Exercise instructions
Return the records that follow, matching each one exactly.

Records to process Start Marker

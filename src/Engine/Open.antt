-- ===== src/Engine/Open.antt =====
-- `Engine::new`: the schema of the index, and the steps that open it. The file system and the opening of
-- an index are parameters; the tasks that `new` starts are the turns of Committer.
use tantylla.Base.{ℕ, String, Bool, true, Option, none, some, List, [], ◌∷◌, ◌++◌, length}
use tantylla.Engine.Index.{Tantivy}
use tantylla.Engine.State.{Engine}

-- The options of a field: `STRING`, `STORED` and `FAST`.
pub data Flag : Type 0 where
  raw stored fast : Flag

pub data IndexRecordOption : Type 0 where
  basic with_freqs with_freqs_and_positions : IndexRecordOption

pub record JsonObjectOptions : Type 0 where
  pub is_stored : Bool
  pub is_fast : Bool
  pub tokenizer : String
  pub index_option : IndexRecordOption

pub data FieldType : Type 0 where
  text : List Flag → FieldType
  i64 : List Flag → FieldType
  json_object : JsonObjectOptions → FieldType

-- The fields in the order in which they were added; a handle is a place among them.
abbrev pub Schema : Type 0
Schema = List (String × FieldType)

pub record EngineSchema : Type 0 where
  pub schema : Schema
  pub field_id : ℕ
  pub field_partition_key : ℕ
  pub field_expires_at : ℕ
  pub field_doc : ℕ

-- `schema_builder.add_text_field` and the like: the handle, and the builder after it.
abbrev add_field : String → FieldType → Schema → ℕ × Schema
add_field name kind schema = (length schema, schema ++ (name, kind) ∷ [])

abbrev json_options : JsonObjectOptions
json_options = record {
  is_stored = true;
  is_fast = true;
  tokenizer = "default";
  index_option = with_freqs_and_positions;
}

unfoldable pub engine_schema : EngineSchema
engine_schema =
    let empty : Schema = [] in
    let (field_id, s1) = add_field "id" (text (raw ∷ stored ∷ [])) empty in
    let (field_partition_key, s2) = add_field "partition_key" (text (raw ∷ stored ∷ [])) s1 in
    let (field_expires_at, s3) = add_field "expires_at" (i64 (fast ∷ stored ∷ [])) s2 in
    let (field_writetime, s4) = add_field "writetime" (i64 (fast ∷ stored ∷ [])) s3 in
    let (field_doc, s5) = add_field "document" (json_object json_options) s4 in
    record {
      schema = s5;
      field_id = field_id;
      field_partition_key = field_partition_key;
      field_expires_at = field_expires_at;
      field_doc = field_doc;
    }

abbrev pub writer_buffer_size : ℕ
writer_buffer_size = 50000000

-- The file system, and the index that is kept on it.
pub record Storage (tantivy : Tantivy) : Type 1 where
  pub Disk : Type 0
  pub Directory : Type 0
  -- `std::fs::create_dir_all`, `MmapDirectory::open`, `Index::open_or_create`
  pub create_dir_all : String → Disk → Option Disk
  pub open_directory : String → Disk → Option Directory
  pub open_or_create : Directory → Schema → Option tantivy.Index
  -- `index.writer`, and the reader that is built from the index, at its first searcher
  pub index_writer : ℕ → tantivy.Index → Option tantivy.Index
  pub index_reader : tantivy.Index → Option tantivy.Snapshot
  -- what a process that writes to an index leaves behind when it ends without a commit
  pub left_behind : tantivy.Index → Disk

-- The operators `?` of `new`, in order.
pub data NewError : Type 0 where
  no_index_directory no_directory no_index no_writer no_reader : NewError

pub data Opened (tantivy : Tantivy) : Type 0 where
  opened : Engine tantivy → Opened tantivy
  unopened : NewError → Opened tantivy

abbrev pub or_error {ℓ} :
    {A : Type ℓ} {t : Tantivy} → Option A → NewError → (A → Opened t) → Opened t
or_error none e k = unopened e
or_error (some a) e k = k a

module _ (tantivy : Tantivy) (storage : Storage tantivy) where
  open storage use {
    Disk, create_dir_all, open_directory, open_or_create, index_writer, index_reader,
  }

  unfoldable pub new_engine : String → Disk → Opened tantivy
  unfolding engine_schema
  new_engine path disk = or_error (create_dir_all path disk) no_index_directory λ disk'.
      or_error (open_directory path disk') no_directory λ directory.
        or_error (open_or_create directory engine_schema.schema) no_index λ index.
          or_error (index_writer writer_buffer_size index) no_writer λ writer.
            or_error (index_reader index) no_reader λ reader. opened (record {
              index = writer;
              snapshot = reader;
              uncommitted_docs = [];
              current_generation = 0;
            })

Records to process End Marker

Answer below
filename src/Engine/Open.antt
-- ===== src/Engine/Open.antt =====
-- `Engine::new`: the schema of the index, and the steps that open it. The file system and the opening of
-- an index are parameters; the tasks that `new` starts are the turns of Committer.
use tantylla.Base.{ℕ, String, Bool, true, Option, none, some, List, [], ◌∷◌, ◌++◌, length}
use tantylla.Engine.Index.{Tantivy}
use tantylla.Engine.State.{Engine}

-- The options of a field: `STRING`, `STORED` and `FAST`.
pub data Flag : Type 0 where
  raw stored fast : Flag

pub data IndexRecordOption : Type 0 where
  basic with_freqs with_freqs_and_positions : IndexRecordOption

pub record JsonObjectOptions : Type 0 where
  pub is_stored : Bool
  pub is_fast : Bool
  pub tokenizer : String
  pub index_option : IndexRecordOption

pub data FieldType : Type 0 where
  text : List Flag → FieldType
  i64 : List Flag → FieldType
  json_object : JsonObjectOptions → FieldType

-- The fields in the order in which they were added; a handle is a place among them.
abbrev pub Schema : Type 0
Schema = List (String × FieldType)

pub record EngineSchema : Type 0 where
  pub schema : Schema
  pub field_id : ℕ
  pub field_partition_key : ℕ
  pub field_expires_at : ℕ
  pub field_doc : ℕ

-- `schema_builder.add_text_field` and the like: the handle, and the builder after it.
abbrev add_field : String → FieldType → Schema → ℕ × Schema
add_field name kind schema = (length schema, schema ++ (name, kind) ∷ [])

abbrev json_options : JsonObjectOptions
json_options = record {
  is_stored = true;
  is_fast = true;
  tokenizer = "default";
  index_option = with_freqs_and_positions;
}

unfoldable pub engine_schema : EngineSchema
engine_schema =
    let empty : Schema = [] in
    let (field_id, s1) = add_field "id" (text (raw ∷ stored ∷ [])) empty in
    let (field_partition_key, s2) = add_field "partition_key" (text (raw ∷ stored ∷ [])) s1 in
    let (field_expires_at, s3) = add_field "expires_at" (i64 (fast ∷ stored ∷ [])) s2 in
    let (field_writetime, s4) = add_field "writetime" (i64 (fast ∷ stored ∷ [])) s3 in
    let (field_doc, s5) = add_field "document" (json_object json_options) s4 in
    record {
      schema = s5;
      field_id = field_id;
      field_partition_key = field_partition_key;
      field_expires_at = field_expires_at;
      field_doc = field_doc;
    }

abbrev pub writer_buffer_size : ℕ
writer_buffer_size = 50000000

-- The file system, and the index that is kept on it.
pub record Storage (tantivy : Tantivy) : Type 1 where
  pub Disk : Type 0
  pub Directory : Type 0
  -- `std::fs::create_dir_all`, `MmapDirectory::open`, `Index::open_or_create`
  pub create_dir_all : String → Disk → Option Disk
  pub open_directory : String → Disk → Option Directory
  pub open_or_create : Directory → Schema → Option tantivy.Index
  -- `index.writer`, and the reader that is built from the index, at its first searcher
  pub index_writer : ℕ → tantivy.Index → Option tantivy.Index
  pub index_reader : tantivy.Index → Option tantivy.Snapshot
  -- what a process that writes to an index leaves behind when it ends without a commit
  pub left_behind : tantivy.Index → Disk

-- The operators `?` of `new`, in order.
pub data NewError : Type 0 where
  no_index_directory no_directory no_index no_writer no_reader : NewError

pub data Opened (tantivy : Tantivy) : Type 0 where
  opened : Engine tantivy → Opened tantivy
  unopened : NewError → Opened tantivy

abbrev pub or_error {ℓ} :
    {A : Type ℓ} {t : Tantivy} → Option A → NewError → (A → Opened t) → Opened t
or_error none e k = unopened e
or_error (some a) e k = k a

module _ (tantivy : Tantivy) (storage : Storage tantivy) where
  open storage use {
    Disk, create_dir_all, open_directory, open_or_create, index_writer, index_reader,
  }

  unfoldable pub new_engine : String → Disk → Opened tantivy
  unfolding engine_schema
  new_engine path disk = or_error (create_dir_all path disk) no_index_directory λ disk'.
      or_error (open_directory path disk') no_directory λ directory.
        or_error (open_or_create directory engine_schema.schema) no_index λ index.
          or_error (index_writer writer_buffer_size index) no_writer λ writer.
            or_error (index_reader index) no_reader λ reader. opened (record {
              index = writer;
              snapshot = reader;
              uncommitted_docs = [];
              current_generation = 0;
            })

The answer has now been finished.